# shipping to dubai



## sms310wwjd (Jul 14, 2011)

I am a christian and have a lot of christian books/Bibles/ apologetic books towards islam. is it ok to ship these books in my container to dubai?


----------



## Coldubs (Jun 11, 2011)

sms310wwjd said:


> I am a christian and have a lot of christian books/Bibles/ apologetic books towards islam. is it ok to ship these books in my container to dubai?


I recently received the rules and regulations from my shipping company to Dubai and includes the following statements:

- All shipments are subject to extensive physical inspection.
- All political and religious literature needs prior approval from the Ministry.
- Political and religious material which might be deemed offensive to the UAE government or the Islam faith is prohibited.

You may be risking them being thrown out if you bring them so I would suggest leaving them home.


----------



## tara_k (Apr 5, 2011)

sms310wwjd said:


> I am a christian and have a lot of christian books/Bibles/ apologetic books towards islam. is it ok to ship these books in my container to dubai?
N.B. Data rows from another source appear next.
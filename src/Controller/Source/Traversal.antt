-- ===== src/Controller/Source/Traversal.antt =====
-- The traversal of a directory processes its C files, one after the other.
use memory_mutation_testing.Base.{
  ◌≡◌, refl, sym, ◌∙◌, Bool, true, false, Option, none, some, List, [], ◌∷◌, ◌++◌, ℤ, Bool-cases,
  Option-cases, inl, inr, if◌then◌else◌,
}
use memory_mutation_testing.Base.Text.{Bytes}
use memory_mutation_testing.Base.Double.{Double}
use memory_mutation_testing.Gstats.Table.{Table}
use memory_mutation_testing.Controller.Inject.{DirEntry, from_last, is_c_suffix, path_in}
use memory_mutation_testing.Controller.Source.{
  Tree, file, folder, closed, Forest, nil, cons, is_dots, Session, process_source_file,
  process_entry, process_source_directory, process_tree,
}

-- The paths of the files whose names end in ".c", with the entries of their mutants, in the order
-- of a traversal that enters each folder where it stands.
unfoldable mutual
  pub c_files : Bytes → Forest → List (Bytes × List DirEntry)
  c_files dir nil = []
  c_files dir (cons t ts) = c_files_of dir t ++ c_files dir ts

  pub c_files_of : Bytes → Tree → List (Bytes × List DirEntry)
  c_files_of dir (file name entries) =
      if is_c_suffix (from_last b'.' name) then (path_in dir name, entries) ∷ [] else []
  c_files_of dir (folder name ts) = elim (is_dots name) [
    | true ↦ []
    | false ↦ c_files (path_in dir name) ts
  ]
  c_files_of dir (closed name) = []

module _ (F : Double) (T : Table) (put_errors : ℤ) (cwd : Bytes) where
  -- One file after the other, until one of them faults.
  unfoldable pub process_files : List (Bytes × List DirEntry) → Session F T → Option (Session F T)
  process_files [] session = some session
  process_files ((path, entries) ∷ rest) session =
      elim (process_source_file F T put_errors cwd path entries session) [
        | none ↦ none
        | some s ↦ process_files rest s
      ]

  pub process_files-append :
      (xs ys : List (Bytes × List DirEntry)) (session : Session F T)
      → process_files (xs ++ ys) session
        ≡ elim (process_files xs session) [ none ↦ none | some s ↦ process_files ys s ]
  unfolding process_files
  process_files-append [] ys session = refl
  process_files-append ((path, entries) ∷ xs) ys session =
      elim (Option-cases (process_source_file F T put_errors cwd path entries session)) [
        | inl e ↦ rw (e, process_files) refl
        | inr (s, e) ↦ rw (e, process_files) (process_files-append xs ys s)
      ]

  pub process_files-one :
      (path : Bytes) (entries : List DirEntry) (session : Session F T)
      → process_files ((path, entries) ∷ []) session
        ≡ process_source_file F T put_errors cwd path entries session
  unfolding process_files
  process_files-one path entries session =
      elim (Option-cases (process_source_file F T put_errors cwd path entries session)) [
        | inl e ↦ rw (e, process_files) refl
        | inr (s, e) ↦ rw (e, process_files) refl
      ]

  process_entry-eq-process_files :
      (dir name : Bytes) (entries : List DirEntry) (session : Session F T)
      → process_entry F T put_errors cwd dir name entries session
        ≡ process_files
            (if is_c_suffix (from_last b'.' name) then (path_in dir name, entries) ∷ [] else [])
            session
  unfolding process_entry process_files
  process_entry-eq-process_files dir name entries session =
      elim (Bool-cases (is_c_suffix (from_last b'.' name))) [
        | inl e ↦ rw (e, process_entry) (sym (process_files-one (path_in dir name) entries session))
        | inr e ↦ rw (e, process_entry, process_files) refl
      ]

  pub then_rest :
      (m m' : Option (Session F T)) (f g : Session F T → Option (Session F T))
      → m ≡ m'
      → ((s : Session F T) → f s ≡ g s)
      → (elim m [ none ↦ none | some s ↦ f s ]) ≡ (elim m' [ none ↦ none | some s ↦ g s ])
  then_rest none m' f g e h = rw (← e) refl
  then_rest (some s) m' f g e h = rw (← e) (h s)

  unless_dots :
      (dots : Bool) (session : Session F T) (entered : Option (Session F T))
      (inside : List (Bytes × List DirEntry))
      → entered ≡ process_files inside session
      → (elim dots [ true ↦ some session | false ↦ entered ])
        ≡ process_files (elim dots [ true ↦ [] | false ↦ inside ]) session
  unfolding process_files
  unless_dots true session entered inside e = refl
  unless_dots false session entered inside e = e

  mutual
    unfolding process_source_directory process_tree c_files c_files_of process_files

    forest-eq-process_files :
        (dir : Bytes) (ts : Forest) (session : Session F T)
        → process_source_directory F T put_errors cwd dir ts session
          ≡ process_files (c_files dir ts) session
    forest-eq-process_files dir nil session = refl
    forest-eq-process_files dir (cons t ts) session =
        then_rest (process_tree F T put_errors cwd dir t session)
          (process_files (c_files_of dir t) session)
          (process_source_directory F T put_errors cwd dir ts) (process_files (c_files dir ts))
          (process_tree-eq-process_files dir t session) (forest-eq-process_files dir ts)
        ∙ sym (process_files-append (c_files_of dir t) (c_files dir ts) session)

    process_tree-eq-process_files :
        (dir : Bytes) (t : Tree) (session : Session F T)
        → process_tree F T put_errors cwd dir t session ≡ process_files (c_files_of dir t) session
    process_tree-eq-process_files dir (file name entries) session =
        process_entry-eq-process_files dir name entries session
    process_tree-eq-process_files dir (folder name ts) session =
        unless_dots (is_dots name) session
          (process_source_directory F T put_errors cwd (path_in dir name) ts session)
          (c_files (path_in dir name) ts) (forest-eq-process_files (path_in dir name) ts session)
    process_tree-eq-process_files dir (closed name) session = refl

  -- A directory is processed as its C files are, one after the other, in the order of the traversal,
  -- until one of them faults.
  pub process_source_directory-eq-process_files :
      (dir : Bytes) (ts : Forest) (session : Session F T)
      → process_source_directory F T put_errors cwd dir ts session
        ≡ process_files (c_files dir ts) session
  process_source_directory-eq-process_files dir ts session = forest-eq-process_files dir ts session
I can tell you this much- customs WILL go through your things! We finally received our air shipment 1 week after it arrived. They had all that time to search our things. They found a small safe that we keep papers in. They informed us that they needed the key so they could go through it. (!). They released our shipment. Bottom line, if it is something that you care about that is offensive to this area, put in storage. Talk to your shipping consultant, if you have one. Good luck!


----------